M. Bardio avait trouvé son échalier, et il arrivait à grandes enjambées. C’était un homme d’une cinquantaine d’années ; il avait un grand front découvert, des cheveux noirs qui grisonnaient, le regard perçant, l’air vif et bon. Il caressa la tête d’Ambroise comme il eût fait à un épagneul.

« Comme çà, mon garçon, tu comprends que tu n’es pas fort sur le violon, et tu voudrais apprendre ce que tu ne sais pas ? C’est bien cela ! Je t’ai écouté tout à l’heure. Tu ne sais rien, je te le répète : mais tu as de quoi apprendre. Qui est-ce qui t’a montré ?

— Personne, monsieur ! dit Ambroise tout penaud d’entendre constater qu’il ne savait rien par quelqu’un qui devait s’y connaître.

— Comment, personne ? pas possible ! Voyons, Arnaudeau, puisque vous connaissez ce garçon-là, expliquez-moi un peu ce qu’il veut dire. »

Emmanuel l’expliqua : la petite Anne lui avait communiqué son enthousiasme pour les études solitaires d’Ambroise. Il raconta tout : et quand il fut arrivé à la bataille, Ambroise reprit la parole pour célébrer la vaillance de « ce bon M. Emmanuel ». M. Bardio écoutait, souriant doucement. Il n’interrompit qu’une seule fois, au récit des efforts de Véronique pour apprendre à lire afin de faire comprendre à Ambroise le grimoire du cahier vert :

« La brave petite fille ! s’écria-t-il. J’aimerais à lui apprendre la musique. »

Quand l’histoire fut finie :

« Bien, mon garçon ; très-bien ! Je me charge de toi. Es-tu ici pour quelque temps ?

— Pour jusqu’à la Saint-Pierre. Je loge à la ville, et je suis engagé pour tous les préveils des environs. Après cela je retournerai au pays ; et puis je reviendrai un peu, quand les moissons seront rentrées, pour faire danser à plusieurs noces qui se feront à ce moment-là : je suis déjà retenu.

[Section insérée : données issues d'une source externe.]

-- ===== src/FakeProvider/Counted.antt =====
-- The counters tell what the calls did.
use generation_balance_servi.Base.{
  length, ℕ, zero, suc, ◌+◌, ◌≡◌, ◌≤ℤ◌, refl, ◌∙◌, inl, inr, Bool, ◌==◌, if◌then◌else◌, ℤ, pos,
  ◌+ℤ◌, ◌-ℤ◌, max_ℤ, max_ℤ_cases, max_ℤ-IsMax, eq_of_parts, sym, ap, Option, none, some, List, [],
  ◌∷◌, lookup, lookup-insert, arith,
}
use generation_balance_servi.FakeProvider.{
  ProviderScenario, Pending, State, Event, set, look, begin, end, step, run, fresh, began, ended,
  enter, leave, get_stats, take_at, get_or,
}

-- The greatest number of calls that sleep at once, from a state on.
abbrev pub peak : ProviderScenario → List Event → State → ℤ
peak default [] s = pos (length s.asleep)
peak default (e ∷ events) s =
    max_ℤ (pos (length s.asleep)) (peak default events (step default e s).1)

-- Whether a step enters a call of the request.
abbrev enters : ℕ → Option (Pending × List Pending) → ℕ
enters id none = 0
enters id (some (call, looked)) = if id == call.request.client_request_id then 1 else 0

abbrev entered : ℕ → Event → State → ℕ
entered id (begin k) s = enters id (take_at k s.looked)
entered id (set k scenario) s = 0
entered id (look request cost) s = 0
entered id (end k cancelled) s = 0

-- How often calls of the request enter.
abbrev pub entries : ProviderScenario → ℕ → List Event → State → ℕ
entries default id [] s = 0
entries default id (e ∷ events) s = entered id e s + entries default id events (step default e s).1

abbrev Shrinks {ℓ} : {A : Type ℓ} → List A → Option (A × List A) → Type 0
Shrinks xs none = Unit
Shrinks xs (some (y, ys)) = length xs ≡ suc (length ys)

Shrinks-behind {ℓ} :
    {A : Type ℓ} (x : A) (xs : List A) (o : Option (A × List A))
    → Shrinks xs o
    → Shrinks (x ∷ xs) (elim o [ none ↦ none | some (y, ys) ↦ some (y, x ∷ ys) ])
Shrinks-behind x xs none h = tt
Shrinks-behind x xs (some (y, ys)) h = cc

take_at-Shrinks {ℓ} : {A : Type ℓ} (k : ℕ) (xs : List A) → Shrinks xs (take_at k xs)
take_at-Shrinks k [] = tt
take_at-Shrinks zero (x ∷ xs) = refl
take_at-Shrinks (suc k) (x ∷ xs) = Shrinks-behind x xs (take_at k xs) (take_at-Shrinks k xs)

-- The counter of sleeping calls is right, and its maximum is not below it.
abbrev IsCounted : State → Type 0
IsCounted s =
    (s.shared.active_calls ≡ pos (length s.asleep))
    × (pos (length s.asleep) ≤ℤ s.shared.max_active_calls)

abbrev calls_of : ℕ → State → ℕ
calls_of id s = get_or (lookup id s.shared.calls) 0

-- What a step that enters so many calls of the request does to the counters.
abbrev Counts : ℕ → ℕ → State → State → Type 0
Counts id entered s s' =
    IsCounted s'
    × (s'.shared.max_active_calls ≡ max_ℤ s.shared.max_active_calls (pos (length s'.asleep)))
    × (calls_of id s' ≡ calls_of id s + entered)

unchanged : (m n : ℤ) → n ≤ℤ m → m ≡ max_ℤ m n
unchanged m n h = elim (max_ℤ_cases m n) [
  | inl (e, le) ↦ sym e
  | inr (e, le) ↦ eq_of_parts m n (omega (arith, h, le)) ∙ sym e
]

next_number : (n : ℕ) → pos n +ℤ pos 1 ≡ pos (suc n)
unfolding ◌+ℤ◌
next_number n = ground arith

previous_number : (n : ℕ) → pos (suc n) -ℤ pos 1 ≡ pos n
unfolding ◌-ℤ◌
previous_number n = ground arith

Counts-refl : (id : ℕ) (s : State) → IsCounted s → Counts id 0 s s
Counts-refl id s (a, m) = ((a, m), unchanged _ _ m, omega arith)

began-Counts :
    (id : ℕ) (s : State) (o : Option (Pending × List Pending))
    → IsCounted s
    → Counts id (enters id o) s (began s o)
unfolding enter
began-Counts id s none h = Counts-refl id s h
began-Counts id s (some (call, looked)) (a, m) =
    let rid = call.request.client_request_id in
    let active : s.shared.active_calls +ℤ pos 1 ≡ pos (suc (length s.asleep)) =
      ap (λ x. x +ℤ pos 1) a ∙ next_number (length s.asleep) in
    let max = max_ℤ-IsMax s.shared.max_active_calls (pos (suc (length s.asleep))) in
    (
      (active, rw active max.1),
      rw active refl,
      ground
          (arith, lookup-insert id rid (get_or (lookup rid s.shared.calls) 0 + 1) s.shared.calls),
    )

ended-Counts :
    (id : ℕ) (s : State) (cancelled : Bool) (o : Option (Pending × List Pending))
    → Shrinks s.asleep o
    → IsCounted s
    → Counts id 0 s (ended s cancelled o).1
unfolding leave
ended-Counts id s cancelled none h c = Counts-refl id s c
ended-Counts id s cancelled (some (call, asleep)) h (a, m) =
    let fewer : pos (length asleep) ≤ℤ s.shared.max_active_calls = omega (arith, h, m) in
    (
      (
        ap (λ x. x -ℤ pos 1) a ∙ ap (λ n. pos n -ℤ pos 1) h ∙ previous_number (length asleep),
        fewer,
      ),
      unchanged _ _ fewer,
      omega arith,
    )

step-Counts :
    (default : ProviderScenario) (id : ℕ) (e : Event) (s : State)
    → IsCounted s
    → Counts id (entered id e s) s (step default e s).1
step-Counts default id (set k scenario) s (a, m) = ((a, m), unchanged _ _ m, omega arith)
step-Counts default id (look request cost) s (a, m) = ((a, m), unchanged _ _ m, omega arith)
step-Counts default id (begin k) s h = began-Counts id s (take_at k s.looked) h
step-Counts default id (end k cancelled) s h =
    ended-Counts id s cancelled (take_at k s.asleep) (take_at-Shrinks k s.asleep) h

peak_first :
    (default : ProviderScenario) (events : List Event) (s : State)
    → pos (length s.asleep) ≤ℤ peak default events s
peak_first default [] s = omega arith
peak_first default (e ∷ events) s =
    (max_ℤ-IsMax (pos (length s.asleep)) (peak default events (step default e s).1)).0

max_step : (m n n₁ p : ℤ) → n ≤ℤ m → n₁ ≤ℤ p → max_ℤ (max_ℤ m n₁) p ≡ max_ℤ m (max_ℤ n p)
max_step m n n₁ p h k = eq_of_parts _ _ (
    omega (
      arith,
      h,
      k,
      max_ℤ-IsMax m n₁,
      max_ℤ-IsMax n p,
      max_ℤ-IsMax (max_ℤ m n₁) p,
      max_ℤ-IsMax m (max_ℤ n p),
    ))

max_above : (m n : ℤ) → m ≤ℤ n → max_ℤ m n ≡ n
max_above m n h = eq_of_parts _ _ (omega (arith, h, max_ℤ-IsMax m n))

run-Counts :
    (default : ProviderScenario) (id : ℕ) (events : List Event) (s : State)
    → IsCounted s
    → let s' = run default events s in
      (s'.shared.active_calls ≡ pos (length s'.asleep))
      × (s'.shared.max_active_calls ≡ max_ℤ s.shared.max_active_calls (peak default events s))
      × (calls_of id s' ≡ calls_of id s + entries default id events s)
unfolding run
run-Counts default id [] s (a, m) = (a, unchanged _ _ m, omega arith)
run-Counts default id (e ∷ events) s (a, m) =
    let s₁ = (step default e s).1 in
    let (c₁, max₁, calls₁) = step-Counts default id e s (a, m) in
    let (active, max, calls) = run-Counts default id events s₁ c₁ in
    (
      active,
      max
          ∙ ap (λ x. max_ℤ x (peak default events s₁)) max₁
          ∙ max_step _ _ _ _ m (peak_first default events s₁),
      omega (arith, calls, calls₁),
    )

-- After whatever the processes do from the start on, `get_stats` tells how many calls sleep, the
-- greatest number of calls that slept at once, and how often calls of each request entered, whether
-- they returned, failed or were cancelled.
pub get_stats_lem :
    (default : ProviderScenario) (id : ℕ) (events : List Event)
    → let s = run default events fresh in
      let stats = get_stats s.shared in
      (stats.active_calls ≡ pos (length s.asleep))
      × (stats.max_active_calls ≡ peak default events fresh)
      × (get_or (lookup id stats.calls) 0 ≡ entries default id events fresh)
unfolding get_stats
get_stats_lem default id events =
    let (active, max, calls) = run-Counts default id events fresh (refl, omega arith) in
    (active, max ∙ max_above (pos 0) _ (peak_first default events fresh), omega (arith, calls))
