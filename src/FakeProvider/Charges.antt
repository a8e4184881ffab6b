-- ===== src/FakeProvider/Charges.antt =====
-- What a generation that the provider of the tests answers is charged.
use generation_balance_servi.Base.{
  str_append, ◌≡◌, refl, sym, ap, ◌∙◌, ◌≤ℤ◌, ◌-ℤ◌, false, pos, pos_part, neg_part, eq_of_parts,
  arith, int_laws,
}
use generation_balance_servi.Errors.{ok}
use generation_balance_servi.Money.{Decimal, quantize_money, micros_to_money}
use generation_balance_servi.Money.Conversion.{quantize_money_bounds, micros_to_money_parts}
use generation_balance_servi.Policy.{
  GenerationRequest, GenerationResult, Authorization, authorize, total_usd,
}
use generation_balance_servi.Policy.Access.{authorize-IsAuthorized}
use generation_balance_servi.Policy.Exact.{IsExact, authorize-AllExact}
use generation_balance_servi.Surplus.{surplus_refund}
use generation_balance_servi.Surplus.Lifo.{clamp, surplus_refund_lem}
use generation_balance_servi.Surplus.Plans.{authorize-IsPlanOf}
use generation_balance_servi.Redis.{BalanceHash}
use generation_balance_servi.Store.{snapshot_from_hash}
use generation_balance_servi.Billing.{answered, charge}
use generation_balance_servi.Billing.Converted.{quantize-IsExact, clamp_of_range, snapshot-AllExact}
use generation_balance_servi.FakeProvider.{ProviderScenario, outcome}

quantize_exact : (d : Decimal) → pos 0 ≤ℤ d → IsExact d → quantize_money d ≡ d
quantize_exact d h (m, e) =
    let (lo, hi, near) = quantize_money_bounds d h in
    let (k, f) = quantize-IsExact d in
    let same : k ≡ m = eq_of_parts k m (
      omega (
        int_laws,
        micros_to_money_parts m,
        micros_to_money_parts k,
        ap pos_part e,
        ap neg_part e,
        ap pos_part f,
        ap neg_part f,
        lo,
        hi,
        near,
        h,
      )) in
    sym f ∙ ap micros_to_money same ∙ e

sub_self : (c : Decimal) → c -ℤ c ≡ pos 0
sub_self c = omega int_laws

-- A generation of an authorized request that the provider of the tests answers is charged exactly the
-- authorized cost, and nothing of the plan goes back.
pub answer_charges_cost :
    (request : GenerationRequest) (b : BalanceHash) (scenario : ProviderScenario)
    {auth : Authorization}
    → authorize request (snapshot_from_hash b).view ≡ ok auth
    → scenario.fail ≡ false
    → (result : GenerationResult) × (outcome request auth.estimated_cost_usd scenario false
        ≡ answered result)
      × (result.client_request_id ≡ request.client_request_id)
      × (charge auth.debit_plan result.billed_cost_usd ≡ auth.estimated_cost_usd)
      × (total_usd (
            surplus_refund auth.debit_plan auth.debit_policy
              (charge auth.debit_plan result.billed_cost_usd))
          ≡ pos 0)
unfolding outcome charge
answer_charges_cost request b scenario {auth} e works =
    let view = (snapshot_from_hash b).view in
    let cost = auth.estimated_cost_usd in
    let authorized = authorize-IsAuthorized request view e in
    let total : total_usd auth.debit_plan ≡ cost = authorized.total in
    let nonneg : pos 0 ≤ℤ cost = omega (arith, authorized.priced) in
    let clamped : clamp cost (total_usd auth.debit_plan) ≡ cost =
      clamp_of_range cost (total_usd auth.debit_plan) nonneg (rw total (omega arith)) in
    let exact = (authorize-AllExact request view (snapshot-AllExact b) e).1 in
    let charged : charge auth.debit_plan cost ≡ cost =
      ap quantize_money clamped ∙ quantize_exact cost nonneg exact in
    let refund =
      surplus_refund_lem auth.debit_plan auth.debit_policy cost
        (authorize-IsPlanOf request view e) in
    (
      record {
        client_request_id = request.client_request_id;
        content = str_append "generated:" request.model_name;
        billed_cost_usd = cost;
      },
      rw works refl,
      refl,
      charged,
      ap (λ x. total_usd (surplus_refund auth.debit_plan auth.debit_policy x)) charged
          ∙ refund.0
          ∙ ap (λ x. total_usd auth.debit_plan -ℤ x) clamped
          ∙ ap (λ x. x -ℤ cost) total
          ∙ sub_self cost,
    )
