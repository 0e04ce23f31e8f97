-- ===== src/Server.antt =====
-- internal/runnerserver: the server's side of the connections to the runners.
pub mod Outbox
pub mod Fifo
pub mod Stream
pub mod Conn
pub mod Keeps
pub mod Replies
pub mod Calls
pub mod Hub
pub mod Presence
pub mod Current
pub mod Handshake
pub mod Tests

— Très-bien ! Voyons ton violon… vieux violon… assez bon instrument… donne un peu ton archet.

— Oh ! comme il a de beaux sons ! murmura Ambroise en écoutant le beau chant large et pénétrant que M. Bardio tirait de son violon.

— Je t’apprendrai à le faire chanter comme cela. Tiens, prends-le…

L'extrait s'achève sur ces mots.